EXERCISE DETAILS:
Once you reach the line containing "(has_bytes plan.required (wire_of" in the entries below, write out that line and each one after it down to the line containing "-- most 2^20", exactly and with nothing added.

THE INPUT:

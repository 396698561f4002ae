-- ===== src/Binding/Body/Verdict.antt =====
-- What binding a body comes to.
use golang_postgres_starter.Base.{
  is_empty, true≢false, ℕ, Text, true, false, not, ◌&&◌, ◌==◌, nat_eq, text_eq, List, [], Option,
  none, some, ◌≡◌, ◌≢◌, refl, sym, ◌∙◌, ap, inl, inr, subst, Bool-cases, Option-cases, if-both,
  if-cases,
}
use golang_postgres_starter.Problem.Errors.{GoError, Result, ok, failed}
use golang_postgres_starter.Binding.Body.{
  Decoding, decoded, undecodable, BodyPlan, BodyValue, RawJson, absent, json, raw_json,
  decode_outcome, decode_json_body, bind_raw_body, capture_outcome, sized, as_json, bind_present,
  bind_body, wire_of,
}
use golang_postgres_starter.Binding.Wire.{
  Carrier, Stream, End, finished, over_limit, broken, body_present, check_json_media_type,
  leading_byte, max_body_bytes, raw_json_body_limit, limited,
}
use golang_postgres_starter.Binding.Body.Refusals.{
  IsUnreadable, IsWhole, bad_problem, has_bytes, json_problem-IsUnreadable, limited-finished,
  too_large_problem,
}

-- A body that is present declares itself as JSON.
abbrev pub IsTyped : Carrier → Type 0
IsTyped r = body_present r ≡ true → check_json_media_type r.content_type ≡ none

module _ {B : Type 0} (unmarshal : Stream → Decoding B) (plan : BodyPlan) (r : Carrier) where
  -- The outcomes of binding a body.
  pub data BodyOutcome : Result (BodyValue B) → Type 0 where
    left_out :
        body_present r ≡ false → plan.required ≡ false → plan.raw ≡ false → BodyOutcome (ok absent)
    read_json :
        (b : B)
        → body_present r ≡ true
        → IsTyped r
        → plan.raw ≡ false
        → IsWhole max_body_bytes (wire_of r.body)
        → unmarshal (record { bytes = (wire_of r.body).bytes; end = finished }) ≡ decoded b
        → (leading_byte (wire_of r.body).bytes ≢ b'n')
        → BodyOutcome (ok (json b))
    captured_raw :
        (rj : RawJson B)
        → IsTyped r
        → plan.raw ≡ true
        → IsWhole raw_json_body_limit (wire_of r.body)
        → rj.raw ≡ (wire_of r.body).bytes
        → (plan.required ≡ true → rj.raw ≢ [])
        → BodyOutcome (ok (raw_json rj))
    mistyped :
        (err : GoError)
        → body_present r ≡ true
        → check_json_media_type r.content_type ≡ some err
        → BodyOutcome (failed err)
    refused : (err : GoError) → IsTyped r → IsUnreadable err → BodyOutcome (failed err)

module _ {B : Type 0} (quote : Text → Text) (unmarshal : Stream → Decoding B)
    (unmarshal_raw : List ℕ → B × Option GoError)
    (reads_to_end : (s : Stream) (b : B) → unmarshal s ≡ decoded b → s.end ≡ finished)
    (plan : BodyPlan) (r : Carrier) where
  whole-outcome :
      (b : B)
      → IsTyped r
      → body_present r ≡ true
      → plan.raw ≡ false
      → IsWhole max_body_bytes (wire_of r.body)
      → unmarshal (record { bytes = (wire_of r.body).bytes; end = finished }) ≡ decoded b
      → BodyOutcome unmarshal plan r
          (as_json (decode_outcome quote (wire_of r.body).bytes (decoded b)))
  unfolding decode_outcome
  whole-outcome b well present raw whole made =
      elim (Bool-cases (leading_byte (wire_of r.body).bytes == b'n')) [
        | inl null ↦ rw null (refused _ well (bad_problem _))
        | inr other ↦
            rw other (read_json b present well raw whole made (λ e. true≢false (rw e at other)))
      ]

  decode-outcome :
      IsTyped r
      → body_present r ≡ true
      → plan.raw ≡ false
      → BodyOutcome unmarshal plan r (as_json (decode_json_body quote unmarshal (wire_of r.body)))
  unfolding decode_json_body
  decode-outcome well present raw = through (limited max_body_bytes (wire_of r.body)) _ refl refl
    where
      through :
          (s : Stream) (d : Decoding B)
          → limited max_body_bytes (wire_of r.body) ≡ s
          → unmarshal s ≡ d
          → BodyOutcome unmarshal plan r (as_json (decode_outcome quote s.bytes d))
      through s (undecodable e) read made = refused _ well (json_problem-IsUnreadable quote e)
      through s (decoded b) read made =
          let (whole, same) =
            limited-finished max_body_bytes (wire_of r.body)
              (ap (λ (t : Stream). t.end) read ∙ reads_to_end s b made) in
          subst
            (λ (t : Stream).
              BodyOutcome unmarshal plan r (as_json (decode_outcome quote t.bytes (decoded b))))
            (sym same ∙ read)
            (whole-outcome b well present raw whole (ap unmarshal (sym same ∙ read) ∙ made))

  capture-outcome :
      IsTyped r
      → plan.raw ≡ true
      → BodyOutcome unmarshal plan r
          (sized plan.required (bind_raw_body unmarshal_raw plan.reject_raw_null r.body))
  unfolding bind_raw_body sized
  capture-outcome well raw = through (limited raw_json_body_limit (wire_of r.body)) _ refl refl
    where
      through :
          (s : Stream) (end : End)
          → limited raw_json_body_limit (wire_of r.body) ≡ s
          → s.end ≡ end
          → BodyOutcome unmarshal plan r
              (sized plan.required (capture_outcome unmarshal_raw plan.reject_raw_null s.bytes end))
      through s over_limit read made = refused _ well (too_large_problem _)
      through s broken read made = refused _ well (bad_problem _)
      through s finished read made =
          let (whole, same) =
            limited-finished raw_json_body_limit (wire_of r.body)
              (ap (λ (t : Stream). t.end) read ∙ made) in
          subst
            (λ (t : Stream). BodyOutcome unmarshal plan r (
              sized plan.required
                (capture_outcome unmarshal_raw plan.reject_raw_null t.bytes finished)))
            (sym same ∙ read)
            (if-cases (BodyOutcome unmarshal plan r)
              (plan.required && is_empty (wire_of r.body).bytes) _ _
              (λ lacking. refused _ well (bad_problem _))
              (λ enough.
                captured_raw _ well raw whole refl
                  (has_bytes plan.required (wire_of r.body).bytes enough)))

  present-outcome :
      IsTyped r
      → BodyOutcome unmarshal plan r
          (bind_present quote unmarshal unmarshal_raw plan r.body (body_present r))
  unfolding bind_present
  present-outcome well =
      if-cases outcome plan.raw _ _
        (λ raw.
          if-both outcome (not (body_present r) && plan.required) _ _
            (refused _ well (bad_problem _)) (capture-outcome well raw))
        (λ json.
          if-cases outcome (body_present r) _ _ (λ present. decode-outcome well present json)
            (λ lacking.
              if-cases outcome plan.required _ _ (λ needed. refused _ well (bad_problem _))
                (λ optional. left_out lacking optional json)))
    where
      outcome : Result (BodyValue B) → Type 0
      outcome = BodyOutcome unmarshal plan r

  -- Binding a body has one of these outcomes, where the JSON decoder reads to the end of what it
  -- decodes. A body that may be absent is left out; or what the decoder makes of all its bytes, at
  -- most 2^20 of them, that do not lead with an n; or of a RawJSON the bytes as they came, at most
  -- 2^20, and some where the body is required; in each case a body that is present is declared as
  -- JSON. Or the media type is refused; or it is right, and the error is a bad request or a payload
  -- that is too large.
  pub bind_body-BodyOutcome :
      BodyOutcome unmarshal plan r (bind_body quote unmarshal unmarshal_raw plan r)
  unfolding bind_body
  bind_body-BodyOutcome =
      if-cases (BodyOutcome unmarshal plan r) (body_present r) _ _
        (λ present. elim (Option-cases (check_json_media_type r.content_type)) [
          | inl well ↦ rw well (present-outcome (λ p. well))
          | inr (err, wrong) ↦ rw wrong (mistyped err present wrong)
        ])
        (λ lacking. present-outcome (λ present. absurd (true≢false (sym present ∙ lacking))))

ANSWER TO THIS PROBLEM:
                  (has_bytes plan.required (wire_of r.body).bytes enough)))

  present-outcome :
      IsTyped r
      → BodyOutcome unmarshal plan r
          (bind_present quote unmarshal unmarshal_raw plan r.body (body_present r))
  unfolding bind_present
  present-outcome well =
      if-cases outcome plan.raw _ _
        (λ raw.
          if-both outcome (not (body_present r) && plan.required) _ _
            (refused _ well (bad_problem _)) (capture-outcome well raw))
        (λ json.
          if-cases outcome (body_present r) _ _ (λ present. decode-outcome well present json)
            (λ lacking.
              if-cases outcome plan.required _ _ (λ needed. refused _ well (bad_problem _))
                (λ optional. left_out lacking optional json)))
    where
      outcome : Result (BodyValue B) → Type 0
      outcome = BodyOutcome unmarshal plan r

  -- Binding a body has one of these outcomes, where the JSON decoder reads to the end of what it
  -- decodes. A body that may be absent is left out; or what the decoder makes of all its bytes, at
  -- most 2^20 of them, that do not lead with an n; or of a RawJSON the bytes as they came, at most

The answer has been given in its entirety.